La polémica inherente a ese hecho fue intensa y controvertida, pero venció los criterios teleológicos que claramente apuntaban a acotar la existencia de un dominio político de tal dimensión en la cámara baja del Congreso, y que, por el contrario, apuntaban a afirmar la pluralidad política; la aplicación de un ramplón criterio positivista y de apego a la literalidad de la norma, y con franco descuido de su contenido axiológico, condujo al binomio de la subrepresentación para la oposición y de la hiper representación para favorecer al partido en el gobierno con sus aliados.

Una vez que eso ocurrió se rompieron las barreras que podrían haber frenado o matizado la realización de reformas constitucionales; pues la sobrada disposición de una mayoría calificada para el gobierno y sus aliados, la existencia de una disciplina férrea entre los legisladores que integran esas bancadas, así como el contar con la mayoría de los gobiernos estales y de sus bancadas locales, ha permitido que el tracto de las reformas constitucionales pueda avanzar y concretarse a la manera de lo que ocurre con las leyes ordinarias, conforme a las intenciones del gobierno, sin importar que éste haya o no planteado dichas propuestas en la campaña electoral.
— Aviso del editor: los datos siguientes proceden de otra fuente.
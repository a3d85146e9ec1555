-- ===== src/Ident/Utf8.antt =====
-- `utf8.DecodeRuneInString` of Go's standard library.
use cdc_sink.Base.{
  ℕ, ◌+◌, ◌-◌, ◌*◌, ◌≤◌, ◌<◌, ◌≡◌, ◌≢◌, Bool, ◌&&◌, List, [], ◌∷◌, ◌++◌, leb, ltb, eqb, ◌⊎◌,
  if◌then◌else◌, arith, length,
}

abbrev pub rune_error : ℕ
rune_error = 0xFFFD

abbrev in_range : ℕ → ℕ → ℕ → Bool
in_range lo hi b = leb lo b && leb b hi

-- A rune and the number of its bytes; an error takes one byte.
abbrev malformed : ℕ × ℕ
malformed = (rune_error, 1)

decode_two : ℕ → List ℕ → ℕ × ℕ
decode_two b0 [] = malformed
decode_two b0 (b1 ∷ s) =
    if in_range 0x80 0xBF b1 then ((b0 - 0xC0) * 64 + (b1 - 0x80), 2) else malformed

-- The bounds of the second byte depend on the first.
decode_three : ℕ → List ℕ → ℕ × ℕ
decode_three b0 [] = malformed
decode_three b0 (b1 ∷ []) = malformed
decode_three b0 (b1 ∷ b2 ∷ s) =
    let lo = if eqb b0 0xE0 then 0xA0 else 0x80 in
    let hi = if eqb b0 0xED then 0x9F else 0xBF in
    if in_range lo hi b1 && in_range 0x80 0xBF b2
    then ((b0 - 0xE0) * 4096 + (b1 - 0x80) * 64 + (b2 - 0x80), 3)
    else malformed

decode_four : ℕ → List ℕ → ℕ × ℕ
decode_four b0 [] = malformed
decode_four b0 (b1 ∷ []) = malformed
decode_four b0 (b1 ∷ b2 ∷ []) = malformed
decode_four b0 (b1 ∷ b2 ∷ b3 ∷ s) =
    let lo = if eqb b0 0xF0 then 0x90 else 0x80 in
    let hi = if eqb b0 0xF4 then 0x8F else 0xBF in
    if in_range lo hi b1 && (in_range 0x80 0xBF b2 && in_range 0x80 0xBF b3)
    then ((b0 - 0xF0) * 262144 + (b1 - 0x80) * 4096 + (b2 - 0x80) * 64 + (b3 - 0x80), 4)
    else malformed

-- Of the empty text it is an error of no bytes.
unfoldable pub decode_rune : List ℕ → ℕ × ℕ
unfolding decode_two decode_three decode_four
decode_rune [] = (rune_error, 0)
decode_rune (b0 ∷ s) =
    if ltb b0 0x80
    then (b0, 1)
    else if in_range 0xC2 0xDF b0
    then decode_two b0 s
    else if in_range 0xE0 0xEF b0
    then decode_three b0 s
    else if in_range 0xF0 0xF4 b0
    then decode_four b0 s
    else malformed

-- The bytes of one rune, of each length.
pub data IsRune : List ℕ → ℕ → Type 0 where
  one : (b : ℕ) → b < 0x80 → IsRune (b ∷ []) b
  two :
      (b0 b1 : ℕ)
      → (0xC2 ≤ b0) × (b0 ≤ 0xDF)
      → (0x80 ≤ b1) × (b1 ≤ 0xBF)
      → IsRune (b0 ∷ b1 ∷ []) ((b0 - 0xC0) * 64 + (b1 - 0x80))
  three :
      (b0 b1 b2 : ℕ)
      → (0xE0 ≤ b0) × (b0 ≤ 0xEF)
      → ((b0 ≢ 0xE0) ⊎ (0xA0 ≤ b1)) × ((b0 ≢ 0xED) ⊎ (b1 ≤ 0x9F))
      → (0x80 ≤ b1) × (b1 ≤ 0xBF)
      → (0x80 ≤ b2) × (b2 ≤ 0xBF)
      → IsRune (b0 ∷ b1 ∷ b2 ∷ []) ((b0 - 0xE0) * 4096 + (b1 - 0x80) * 64 + (b2 - 0x80))
  four :
      (b0 b1 b2 b3 : ℕ)
      → (0xF0 ≤ b0) × (b0 ≤ 0xF4)
      → ((b0 ≢ 0xF0) ⊎ (0x90 ≤ b1)) × ((b0 ≢ 0xF4) ⊎ (b1 ≤ 0x8F))
      → (0x80 ≤ b1) × (b1 ≤ 0xBF)
      → (0x80 ≤ b2) × (b2 ≤ 0xBF)
      → (0x80 ≤ b3) × (b3 ≤ 0xBF)
      → IsRune
          (b0 ∷ b1 ∷ b2 ∷ b3 ∷ [])
          ((b0 - 0xF0) * 262144 + (b1 - 0x80) * 4096 + (b2 - 0x80) * 64 + (b3 - 0x80))

pub decode_rune-IsRune :
    {u : List ℕ} {r : ℕ} → IsRune u r → (s : List ℕ) → decode_rune (u ++ s) ≡ (r, length u)
unfolding decode_rune
decode_rune-IsRune (one b h) s = ground arith
decode_rune-IsRune (two b0 b1 h0 h1) s = ground arith
decode_rune-IsRune (three b0 b1 b2 h0 hb h1 h2) s = ground arith
decode_rune-IsRune (four b0 b1 b2 b3 h0 hb h1 h2 h3) s = ground arith
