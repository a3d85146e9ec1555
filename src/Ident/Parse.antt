-- ===== src/Ident/Parse.antt =====
-- internal/util/ident/parse.go: parsing identifiers, schemas and tables.
use cdc_sink.Base.{
  ℕ, zero, suc, ◌-◌, ◌+◌, ◌&&◌, Option, none, some, List, [], ◌∷◌, ◌++◌, length, take, drop, eqb,
  if◌then◌else◌,
}
use cdc_sink.Ident.{Text, quote, separator, Ident, new, Schema, Table}
use cdc_sink.Ident.Schema.{new_schema, new_table, relative, Qualification, table_only}
use cdc_sink.Ident.Utf8.{rune_error, decode_rune}

-- A result, an error, or a loop that has run out of fuel.
pub data Outcome (A : Type 0) : Type 0 where
  done : A → Outcome A
  failed : Outcome A
  stuck : Outcome A

infixl 5 ◌>>=◌
abbrev pub ◌>>=◌ : {A B : Type 0} → Outcome A → (A → Outcome B) → Outcome B
done a >>= f = f a
failed >>= f = failed
stuck >>= f = stuck

abbrev pub or_failed : {A : Type 0} → Option A → Outcome A
or_failed none = failed
or_failed (some a) = done a

-- `strings.ReplaceAll(s, "\"\"", "\"")`.
unfoldable pub single_quotes : Text → Text
single_quotes [] = []
single_quotes (c ∷ []) = c ∷ []
single_quotes (c ∷ d ∷ s) =
    let pair = quote ∷ single_quotes s in
    let plain = c ∷ single_quotes (d ∷ s) in if eqb c quote && eqb d quote then pair else plain

-- The loop of `parseQuotedIdent` at the index `idx`, where `rest` is the input from there on: the last
-- quote that is not escaped, where none stands for -1.
unfoldable pub scan_quoted : ℕ → ℕ → ℕ → Option ℕ → Text → Outcome (Option ℕ)
scan_quoted fuel idx prev last [] = done last
scan_quoted zero idx prev last (c ∷ rest) = stuck
scan_quoted (suc fuel) idx prev last (c ∷ rest) =
    let (next, size) = decode_rune (c ∷ rest) in
    let after = drop size (c ∷ rest) in
    let escaped = scan_quoted fuel (idx + size) 0 none after in
    let closed = scan_quoted fuel (idx + size) next (some idx) after in
    let plain = scan_quoted fuel (idx + size) next last after in
    if eqb next rune_error
    then failed
    else if eqb next quote
    then (if eqb prev quote then escaped else closed)
    else if eqb prev quote
    then done last
    else plain

-- The end of `parseQuotedIdent`.
unfoldable pub cut_quoted : Text → Option ℕ → Outcome (Ident × Text)
unfolding single_quotes
cut_quoted s none = failed
cut_quoted s (some last) =
    done (new (single_quotes (take (last - 1) (drop 1 s))), drop (last + 1) s)

unfoldable pub parse_quoted : Text → Outcome (Ident × Text)
unfolding scan_quoted cut_quoted
parse_quoted s = scan_quoted (length s) 1 0 none (drop 1 s) >>= cut_quoted s

-- The loop of `parseUnquotedIdent`: the index of the next separator, or of the end.
unfoldable pub scan_unquoted : ℕ → ℕ → Text → Outcome ℕ
scan_unquoted fuel idx [] = done idx
scan_unquoted zero idx (c ∷ rest) = stuck
scan_unquoted (suc fuel) idx (c ∷ rest) =
    let (next, size) = decode_rune (c ∷ rest) in
    let further = scan_unquoted fuel (idx + size) (drop size (c ∷ rest)) in
    if eqb next separator then done idx else if eqb next rune_error then failed else further

unfoldable pub parse_unquoted : Text → Outcome (Ident × Text)
unfolding scan_unquoted
parse_unquoted s = scan_unquoted (length s) 0 s >>= λ idx. done (new (take idx s), drop idx s)

unfoldable pub parse_ident : Text → Outcome (Ident × Text)
unfolding parse_quoted parse_unquoted
parse_ident [] = failed
parse_ident (c ∷ s) =
    if eqb c separator
    then failed
    else if eqb c quote
    then parse_quoted (c ∷ s)
    else parse_unquoted (c ∷ s)

-- The step of `parseDottedIdent` after a part: the input that is left for the loop, if it goes on.
unfoldable pub after_part : Text → Outcome (Option Text)
after_part [] = done none
after_part (c ∷ rest) = if eqb c separator then done (some rest) else failed

unfoldable pub dotted_loop : ℕ → List Ident → Text → Outcome (List Ident)
unfolding parse_ident after_part
dotted_loop fuel parts [] = done parts
dotted_loop zero parts (c ∷ s) = stuck
dotted_loop (suc fuel) parts (c ∷ s) = parse_ident (c ∷ s) >>= λ parsed.
    after_part parsed.1 >>= λ next. elim next [
      | none ↦ done (parts ++ parsed.0 ∷ [])
      | some rest ↦ dotted_loop fuel (parts ++ parsed.0 ∷ []) rest
    ]

unfoldable pub parse_dotted : Text → Outcome (List Ident)
unfolding dotted_loop
parse_dotted s = dotted_loop (length s) [] s

unfoldable pub parse_schema : Text → Outcome Schema
unfolding parse_dotted new_schema
parse_schema s = parse_dotted s >>= λ parts. or_failed (new_schema parts)

-- All parts but the last, and the last.
unfoldable pub split_last : Ident → List Ident → List Ident × Ident
split_last a [] = ([], a)
split_last a (b ∷ parts) = let (front, last) = split_last b parts in (a ∷ front, last)

-- The table is made even of empty parts.
unfoldable pub table_of_parts : List Ident → Outcome Table
unfolding split_last new_schema
table_of_parts [] = done none
table_of_parts (a ∷ parts) =
    let (front, last) = split_last a parts in
    or_failed (new_schema front) >>= λ sch.
    done (some (record { namespace = sch; terminal = last }))

unfoldable pub parse_table : Text → Outcome Table
unfolding parse_dotted table_of_parts
parse_table s = parse_dotted s >>= table_of_parts

unfoldable pub relative_parts : Schema → List Ident → Outcome (Table × Qualification)
unfolding split_last new_table relative
relative_parts base [] = failed
relative_parts base (a ∷ []) = done (new_table base a, table_only)
relative_parts base (a ∷ b ∷ parts) =
    let (front, last) = split_last a (b ∷ parts) in
    or_failed (relative base front) >>= λ found. done (new_table found.0 last, found.1)

unfoldable pub parse_table_relative : Text → Schema → Outcome (Table × Qualification)
unfolding parse_dotted relative_parts
parse_table_relative s base = parse_dotted s >>= relative_parts base

-- `Table.UnmarshalText`: the new value of the receiver.
unfoldable pub unmarshal_text : Text → Outcome Table
unfolding parse_table
unmarshal_text [] = done none
unmarshal_text (c ∷ s) = parse_table (c ∷ s)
Todo ello fue posible cuando el tema de la super mayoría en la Cámara de Diputados se concretó, y cuando en el Senado se hizo uso y abuso de los recursos que el pragmatismo más rampante y descarado permite para capturar los votos que les hacía falta para obtener, ahí también, la mayoría calificada para reformar la Constitución; en una cámara se logró una super mayoría de manera legalista; en la otra cámara se logró lo mismo de forma descarada y burda. En los hechos, se deshizo el contrapeso del Congreso y, desde esa plataforma, se encaminó una reforma del poder judicial para culminar la ruptura de los equilibrios entre los poderes.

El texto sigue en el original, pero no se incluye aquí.